Thanks. I understood it clearly. To be honest, I thought that 1000 domains in the users’ histories seemed to be too large. In that case above, 2.7 people are included in one set of visited domains on average but the ratio would vary depending on its size.

But each point is only based on the sites a person visited in the past week, so probably involves only a short list of domains.

I think that one of the objectives for this origin trials is to estimate how much cohorts are effective for audience interests even when they have a small number of domains in their histories.

Recently, a weighting feature has just been deployed in Chrome. If the domain is weighted based on the count of domains in the history, the divergence of users' cohorts would be decreased according to the sites they are frequently viewing.

michaelkleber commented 3 years ago

I think that one of the objectives for this origin trials is to estimate how much cohorts are effective for audience interests even when they have a small number of domains in their histories.

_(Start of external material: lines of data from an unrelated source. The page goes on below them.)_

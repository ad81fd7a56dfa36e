-- ===== src/Headset.antt =====
-- crates/posebridge-client/src/posebridge/mounting.rs: which choices of sensor axes can still become a
-- mounting, and the mounting that three motions of the head reveal. What an observed turn measures is
-- compared with limits that are parameters, as f64 is.
pub mod Choices
pub mod Revealed
mod Examples
use pose_bridge.Prelude.{
  ℕ, zero, suc, Bool, true, false, not, ◌&&◌, ◌||◌, Option, none, some, leb, ◌==◌, if◌then◌else◌,
  is_some_and,
}
use pose_bridge.Prelude.Int.{ℤ, pos, negsuc, nat_abs}
use pose_bridge.Model.{is_ok}
use pose_bridge.Pose.Mounting.{Mounting, validate}
use pose_bridge.Coverage.{is_axis, unit, cross, same_vector}

abbrev pub is_zero : ℤ → Bool
is_zero axis = nat_abs axis == 0

abbrev pub clashes : ℤ → ℤ → Bool
clashes a b = nat_abs a == nat_abs b

-- The loop of `can_complete` goes on past an axis: it is none, or a new one.
abbrev pub is_new : ℤ → Bool → Bool
is_new axis taken = is_zero axis || (is_axis axis && not taken)

unfoldable pub can_complete : Mounting → Bool
can_complete m =
    is_new m.right false
    && (is_new m.forward (clashes m.right m.forward)
        && (is_new m.up (clashes m.right m.up || clashes m.forward m.up)
            && ((is_zero m.right || (is_zero m.forward || is_zero m.up)) || is_ok (validate m))))

-- The entry of an index is set.
abbrev pub with_entry : Mounting → ℕ → ℤ → Option Mounting
with_entry m index axis =
    if index == 0
    then some (record m { right = axis })
    else if index == 1
    then some (record m { forward = axis })
    else if index == 2
    then some (record m { up = axis })
    else none

unfoldable pub allows_axis : Mounting → ℕ → ℤ → Bool
allows_axis m index axis =
    is_some_and (with_entry m index axis) (λ chosen. is_zero axis || can_complete chosen)

pub data Problem : Type 0 where
  conflict incomplete : Problem

unfoldable pub selection_problem : Mounting → Option Problem
selection_problem m =
    if not (can_complete m)
    then some conflict
    else if is_zero m.right || (is_zero m.forward || is_zero m.up)
    then some incomplete
    else none

pub data Motion : Type 0 where
  nod shake tilt : Motion

pub record Observation (F : Type 0) : Type 0 where
  pub axis : ℕ
  pub positive : Bool
  pub degrees : F
  pub purity : F

-- The comparison and the limits `MINIMUM_DEGREES` and `MINIMUM_PURITY`.
pub record Limits (F : Type 0) : Type 0 where
  pub le : F → F → Bool
  pub minimum_degrees : F
  pub minimum_purity : F

unfoldable pub usable : {F : Type 0} → Limits F → Observation F → Bool
usable limits o =
    limits.le limits.minimum_degrees o.degrees && limits.le limits.minimum_purity o.purity

-- The `found` array.
pub record Calibration : Type 0 where
  pub right : Option ℤ
  pub forward : Option ℤ
  pub up : Option ℤ

-- `self.found[motion.axis()] = axis`.
abbrev pub with_found : Calibration → Motion → Option ℤ → Calibration
with_found c nod axis = record c { right = axis }
with_found c tilt axis = record c { forward = axis }
with_found c shake axis = record c { up = axis }

-- `mounting[observation.axis]`, whose axis is below 3.
abbrev pub sensor_axis : Mounting → ℕ → ℤ
sensor_axis m index = if index == 0 then m.right else if index == 1 then m.forward else m.up

abbrev pub negated : ℤ → ℤ
negated (pos zero) = pos 0
negated (pos (suc n)) = negsuc n
negated (negsuc n) = pos (suc n)

unfoldable pub clear_motion : Calibration → Motion → Calibration
clear_motion c motion = with_found c motion none

-- `Calibration::record`.
unfoldable pub observe :
    {F : Type 0} → Limits F → Calibration → Mounting → Motion → Observation F → Calibration × Bool
observe limits c m motion o =
    let cleared = clear_motion c motion in
    if not (usable limits o) then (cleared, false) else (
      with_found cleared motion
          (some (if o.positive then sensor_axis m o.axis else negated (sensor_axis m o.axis))),
      true,
    )

pub data Unresolved : Type 0 where
  missing_motion no_axis repeated_axis left_handed : Unresolved

pub data Resolution : Type 0 where
  err : Unresolved → Resolution
  ok : Mounting → Resolution

-- The test of one axis in the loop of `resolve`, with those before it.
abbrev pub problem_of : ℤ → Bool → Option Unresolved
problem_of axis seen =
    if not (is_axis axis) then some no_axis else if seen then some repeated_axis else none

abbrev pub or_else : Option Unresolved → Resolution → Resolution
or_else (some e) next = err e
or_else none next = next

unfoldable pub resolve_axes : Mounting → Resolution
resolve_axes m = or_else (problem_of m.right false) (
    or_else (problem_of m.forward (clashes m.right m.forward)) (
      or_else (problem_of m.up (clashes m.right m.up || clashes m.forward m.up)) (
        if not (same_vector (cross (unit m.right) (unit m.forward)) (unit m.up))
        then err left_handed
        else ok m)))

abbrev pub resolve_found : Option ℤ → Option ℤ → Option ℤ → Resolution
resolve_found (some a) (some b) (some c) = resolve_axes (record { right = a; forward = b; up = c })
resolve_found _ _ _ = err missing_motion

-- `Calibration::resolve`.
unfoldable pub resolve : Calibration → Resolution
resolve c = resolve_found c.right c.forward c.up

That is true, but for this version of clustering we're requiring at least seven different domains visited. But like everything else, we might change that in the future, as we get better data to understand the privacy and utility of the choices.

Recently, a weighting feature has just been deployed in Chrome. If the domain is weighted based on the count of domains in the history, the divergence of users' cohorts would be decreased according to the sites they are frequently viewing.

The "one-hot encoding", where we just look at the boolean of whether or not someone visited a domain, is better for privacy. But we are investigating other clustering algorithms that take more information into account.

shigeki commented 3 years ago

Thanks for your explanation. I will submit a new issue when I have any new findings on my simulation. Close this.